Deformation of display image based on pupil position using projective transformation.

3 Experiments

3.1 System Evaluation Using Camera Images

Subjects A and B were asked to be seated approximately 70 cm from the display screen and to move the head to left, right, upward, downward, forward, and backward and to roll to left and right. An eye camera for capturing the PC screen was attached to the middle of the eyebrows of the subject A.

Figure 5 shows the examples of the images when the original color camera images were displayed (without the proposed methods). The subject moved the head to left, upward, and forward and rotated to left, respectively. In each of (a)–(d), the upper left shows the image of the eye camera, the upper right is the image captured from behind each subject, and the lower two images show the face images presented to each subject. The eye camera images showed the partner’s face images which had the various size and slope corresponding to the head position and rotation of the subject.

Fig. 5.
figure 5

Each camera image and displayed face images without proposed methods.

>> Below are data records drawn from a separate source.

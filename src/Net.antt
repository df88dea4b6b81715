-- ===== src/Net.antt =====
-- source/rs-io/net.hpp and net.cpp: the hash of a block of memory, its hexadecimal text and the comparison
-- of two blocks; addresses, name queries, and sockets.
pub mod Hashing
pub mod Hex
pub mod Order
pub mod Address
pub mod Ip
pub mod Dns
pub mod Sockets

Figure 6 shows the examples of the images with the proposed methods when the subject moved the head to left, upward, and forward and rotated to left, respectively. In these conditions, the similar face images were captured from the eye camera. When the head was rotated, the presented face image also rotated, therefore, the subject A was able to observe the standing face image of the subject B.

Fig. 6.
figure 6

Each camera image and displayed face images with proposed methods.

3.2 Questionnaire About Proposed System

Twelve subjects were asked to use the system and to answer the seven questions about the system shown in Table 1. The subjects sat approximately 70 cm from the display and moved the head several times to left, right, upward, and downward within the range where both pupils were able to be detected (about ±15 cm). All questions were evaluated in five grades. For questions except questions 5 and 6, “Yes” is set to 5, “No” to 1, and “Neither” to 3. In question 5, “Bigger” is set to 5, “Smaller” to 1, and “Neither” to 3. In question 6, “Big” is set to 5, “Small” to 1, and “Just right” to 3.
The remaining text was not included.